*EXERCISE INSTRUCTIONS*. Set down every line of the data, unchanged and complete.

■ ■ ■

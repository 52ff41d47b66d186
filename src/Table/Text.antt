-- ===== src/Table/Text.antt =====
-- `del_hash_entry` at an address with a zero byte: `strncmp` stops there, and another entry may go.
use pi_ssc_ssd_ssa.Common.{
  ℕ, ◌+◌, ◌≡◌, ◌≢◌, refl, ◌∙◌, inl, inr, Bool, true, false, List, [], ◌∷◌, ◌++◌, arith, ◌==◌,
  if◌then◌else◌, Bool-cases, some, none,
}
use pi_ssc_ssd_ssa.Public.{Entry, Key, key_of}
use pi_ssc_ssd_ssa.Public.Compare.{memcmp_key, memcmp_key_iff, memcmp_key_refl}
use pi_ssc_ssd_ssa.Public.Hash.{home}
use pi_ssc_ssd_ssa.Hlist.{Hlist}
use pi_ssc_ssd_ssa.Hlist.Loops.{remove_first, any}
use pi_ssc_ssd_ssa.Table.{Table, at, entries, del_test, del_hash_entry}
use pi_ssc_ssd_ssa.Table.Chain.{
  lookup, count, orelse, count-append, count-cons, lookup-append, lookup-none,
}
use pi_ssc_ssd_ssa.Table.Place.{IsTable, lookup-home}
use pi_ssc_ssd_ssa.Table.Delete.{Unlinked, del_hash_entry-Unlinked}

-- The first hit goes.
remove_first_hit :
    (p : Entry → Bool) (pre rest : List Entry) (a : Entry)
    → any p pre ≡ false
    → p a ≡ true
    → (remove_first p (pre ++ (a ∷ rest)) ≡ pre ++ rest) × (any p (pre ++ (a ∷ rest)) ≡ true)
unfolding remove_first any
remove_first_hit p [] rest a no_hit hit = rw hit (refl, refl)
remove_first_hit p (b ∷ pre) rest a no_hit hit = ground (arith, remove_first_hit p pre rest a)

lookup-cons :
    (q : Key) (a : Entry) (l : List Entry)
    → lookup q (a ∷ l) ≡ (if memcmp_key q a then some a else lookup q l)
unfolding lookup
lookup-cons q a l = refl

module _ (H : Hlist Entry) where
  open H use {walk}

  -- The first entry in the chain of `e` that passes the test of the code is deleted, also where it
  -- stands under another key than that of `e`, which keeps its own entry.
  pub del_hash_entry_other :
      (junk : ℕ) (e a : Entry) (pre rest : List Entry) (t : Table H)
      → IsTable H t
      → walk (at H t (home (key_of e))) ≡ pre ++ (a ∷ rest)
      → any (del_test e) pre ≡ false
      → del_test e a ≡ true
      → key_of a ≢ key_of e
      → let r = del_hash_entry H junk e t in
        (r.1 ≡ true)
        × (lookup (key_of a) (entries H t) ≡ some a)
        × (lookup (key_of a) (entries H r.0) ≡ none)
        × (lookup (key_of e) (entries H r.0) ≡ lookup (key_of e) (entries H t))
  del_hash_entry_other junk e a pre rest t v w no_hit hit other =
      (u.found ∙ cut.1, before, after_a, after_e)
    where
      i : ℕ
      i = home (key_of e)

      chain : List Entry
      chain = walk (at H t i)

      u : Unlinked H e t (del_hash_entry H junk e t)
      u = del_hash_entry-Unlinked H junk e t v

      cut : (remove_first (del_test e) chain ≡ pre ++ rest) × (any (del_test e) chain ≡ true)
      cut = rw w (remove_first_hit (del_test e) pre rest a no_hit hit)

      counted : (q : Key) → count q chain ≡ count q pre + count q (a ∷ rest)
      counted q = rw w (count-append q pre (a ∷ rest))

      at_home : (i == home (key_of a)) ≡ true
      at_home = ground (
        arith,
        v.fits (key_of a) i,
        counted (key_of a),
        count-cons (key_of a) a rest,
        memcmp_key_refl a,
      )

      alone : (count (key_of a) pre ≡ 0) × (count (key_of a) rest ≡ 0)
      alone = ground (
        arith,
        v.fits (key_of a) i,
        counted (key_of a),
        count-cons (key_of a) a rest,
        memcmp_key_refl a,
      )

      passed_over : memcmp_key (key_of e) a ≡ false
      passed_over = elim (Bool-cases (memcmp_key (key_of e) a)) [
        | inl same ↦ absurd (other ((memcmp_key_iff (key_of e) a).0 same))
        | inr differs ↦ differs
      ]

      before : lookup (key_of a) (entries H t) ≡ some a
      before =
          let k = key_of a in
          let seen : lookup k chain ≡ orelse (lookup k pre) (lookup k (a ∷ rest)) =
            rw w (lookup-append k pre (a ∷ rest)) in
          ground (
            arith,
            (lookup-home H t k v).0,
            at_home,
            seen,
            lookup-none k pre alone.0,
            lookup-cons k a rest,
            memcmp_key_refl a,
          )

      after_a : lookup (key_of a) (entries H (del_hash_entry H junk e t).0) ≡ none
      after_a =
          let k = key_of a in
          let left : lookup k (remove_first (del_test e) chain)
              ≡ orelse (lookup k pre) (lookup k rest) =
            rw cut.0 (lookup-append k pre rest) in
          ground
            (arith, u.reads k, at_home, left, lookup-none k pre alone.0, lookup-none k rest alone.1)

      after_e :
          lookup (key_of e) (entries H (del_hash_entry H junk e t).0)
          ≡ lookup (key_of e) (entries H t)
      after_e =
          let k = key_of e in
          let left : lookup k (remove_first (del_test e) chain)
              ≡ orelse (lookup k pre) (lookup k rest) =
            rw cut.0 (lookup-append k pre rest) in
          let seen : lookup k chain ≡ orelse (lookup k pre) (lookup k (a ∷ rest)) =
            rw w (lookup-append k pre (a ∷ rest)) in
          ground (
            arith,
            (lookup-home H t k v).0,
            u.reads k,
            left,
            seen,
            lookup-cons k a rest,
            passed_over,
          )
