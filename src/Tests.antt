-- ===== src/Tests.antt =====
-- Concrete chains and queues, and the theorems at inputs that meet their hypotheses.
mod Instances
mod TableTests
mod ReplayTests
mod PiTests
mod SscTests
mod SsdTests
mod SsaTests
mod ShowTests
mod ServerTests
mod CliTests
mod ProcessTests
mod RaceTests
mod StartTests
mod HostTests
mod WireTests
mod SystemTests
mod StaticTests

■ ■ ■

*ANSWER SPACE*.
repository 52ff41d47b66d186
filename src/Table/Text.antt
-- ===== src/Table/Text.antt =====
-- `del_hash_entry` at an address with a zero byte: `strncmp` stops there, and another entry may go.
use pi_ssc_ssd_ssa.Common.{
  ℕ, ◌+◌, ◌≡◌, ◌≢◌, refl, ◌∙◌, inl, inr, Bool, true, false, List, [], ◌∷◌, ◌++◌, arith, ◌==◌,
  if◌then◌else◌, Bool-cases, some, none,
}
use pi_ssc_ssd_ssa.Public.{Entry, Key, key_of}
use pi_ssc_ssd_ssa.Public.Compare.{memcmp_key, memcmp_key_iff, memcmp_key_refl}
use pi_ssc_ssd_ssa.Public.Hash.{home}
use pi_ssc_ssd_ssa.Hlist.{Hlist}
use pi_ssc_ssd_ssa.Hlist.Loops.{remove_first, any}
use pi_ssc_ssd_ssa.Table.{Table, at, entries, del_test, del_hash_entry}
use pi_ssc_ssd_ssa.Table.Chain.{
  lookup, count, orelse, count-append, count-cons, lookup-append, lookup-none,
}
use pi_ssc_ssd_ssa.Table.Place.{IsTable, lookup-home}
use pi_ssc_ssd_ssa.Table.Delete.{Unlinked, del_hash_entry-Unlinked}

-- The first hit goes.
remove_first_hit :
    (p : Entry → Bool) (pre rest : List Entry) (a : Entry)
    → any p pre ≡ false
    → p a ≡ true
    → (remove_first p (pre ++ (a ∷ rest)) ≡ pre ++ rest) × (any p (pre ++ (a ∷ rest)) ≡ true)
unfolding remove_first any
remove_first_hit p [] rest a no_hit hit = rw hit (refl, refl)
remove_first_hit p (b ∷ pre) rest a no_hit hit = ground (arith, remove_first_hit p pre rest a)

lookup-cons :
    (q : Key) (a : Entry) (l : List Entry)
    → lookup q (a ∷ l) ≡ (if memcmp_key q a then some a else lookup q l)
unfolding lookup
lookup-cons q a l = refl

module _ (H : Hlist Entry) where
  open H use {walk}

  -- The first entry in the chain of `e` that passes the test of the code is deleted, also where it
  -- stands under another key than that of `e`, which keeps its own entry.
  pub del_hash_entry_other :
      (junk : ℕ) (e a : Entry) (pre rest : List Entry) (t : Table H)
      → IsTable H t
      → walk (at H t (home (key_of e))) ≡ pre ++ (a ∷ rest)
      → any (del_test e) pre ≡ false
      → del_test e a ≡ true
      → key_of a ≢ key_of e
      → let r = del_hash_entry H junk e t in
        (r.1 ≡ true)
        × (lookup (key_of a) (entries H t) ≡ some a)
        × (lookup (key_of a) (entries H r.0) ≡ none)
        × (lookup (key_of e) (entries H r.0) ≡ lookup (key_of e) (entries H t))
  del_hash_entry_other junk e a pre rest t v w no_hit hit other =
      (u.found ∙ cut.1, before, after_a, after_e)
    where
      i : ℕ
      i = home (key_of e)

      chain : List Entry
      chain = walk (at H t i)

      u : Unlinked H e t (del_hash_entry H junk e t)
      u = del_hash_entry-Unlinked H junk e t v

      cut : (remove_first (del_test e) chain ≡ pre ++ rest) × (any (del_test e) chain ≡ true)
      cut = rw w (remove_first_hit (del_test e) pre rest a no_hit hit)

      counted : (q : Key) → count q chain ≡ count q pre + count q (a ∷ rest)
      counted q = rw w (count-append q pre (a ∷ rest))

      at_home : (i == home (key_of a)) ≡ true
      at_home = ground (
        arith,
        v.fits (key_of a) i,
        counted (key_of a),
        count-cons (key_of a) a rest,
        memcmp_key_refl a,
      )

      alone : (count (key_of a) pre ≡ 0) × (count (key_of a) rest ≡ 0)
      alone = ground (
        arith,
        v.fits (key_of a) i,
        counted (key_of a),
        count-cons (key_of a) a rest,
        memcmp_key_refl a,
      )

      passed_over : memcmp_key (key_of e) a ≡ false
      passed_over = elim (Bool-cases (memcmp_key (key_of e) a)) [
        | inl same ↦ absurd (other ((memcmp_key_iff (key_of e) a).0 same))
        | inr differs ↦ differs
      ]

      before : lookup (key_of a) (entries H t) ≡ some a
      before =
          let k = key_of a in
          let seen : lookup k chain ≡ orelse (lookup k pre) (lookup k (a ∷ rest)) =
            rw w (lookup-append k pre (a ∷ rest)) in
          ground (
            arith,
            (lookup-home H t k v).0,
            at_home,
            seen,
            lookup-none k pre alone.0,
            lookup-cons k a rest,
            memcmp_key_refl a,
          )

      after_a : lookup (key_of a) (entries H (del_hash_entry H junk e t).0) ≡ none
      after_a =
          let k = key_of a in
          let left : lookup k (remove_first (del_test e) chain)
              ≡ orelse (lookup k pre) (lookup k rest) =
            rw cut.0 (lookup-append k pre rest) in
          ground
            (arith, u.reads k, at_home, left, lookup-none k pre alone.0, lookup-none k rest alone.1)

      after_e :
          lookup (key_of e) (entries H (del_hash_entry H junk e t).0)
          ≡ lookup (key_of e) (entries H t)
      after_e =
          let k = key_of e in
          let left : lookup k (remove_first (del_test e) chain)
              ≡ orelse (lookup k pre) (lookup k rest) =
            rw cut.0 (lookup-append k pre rest) in
          let seen : lookup k chain ≡ orelse (lookup k pre) (lookup k (a ∷ rest)) =
            rw w (lookup-append k pre (a ∷ rest)) in
          ground (
            arith,
            (lookup-home H t k v).0,
            u.reads k,
            left,
            seen,
            lookup-cons k a rest,
            passed_over,
          )
filename src/Tests.antt
-- ===== src/Tests.antt =====
-- Concrete chains and queues, and the theorems at inputs that meet their hypotheses.
mod Instances
mod TableTests
mod ReplayTests
mod PiTests
mod SscTests
mod SsdTests
mod SsaTests
mod ShowTests
mod ServerTests
mod CliTests
mod ProcessTests
mod RaceTests
mod StartTests
mod HostTests
mod WireTests
mod SystemTests
mod StaticTests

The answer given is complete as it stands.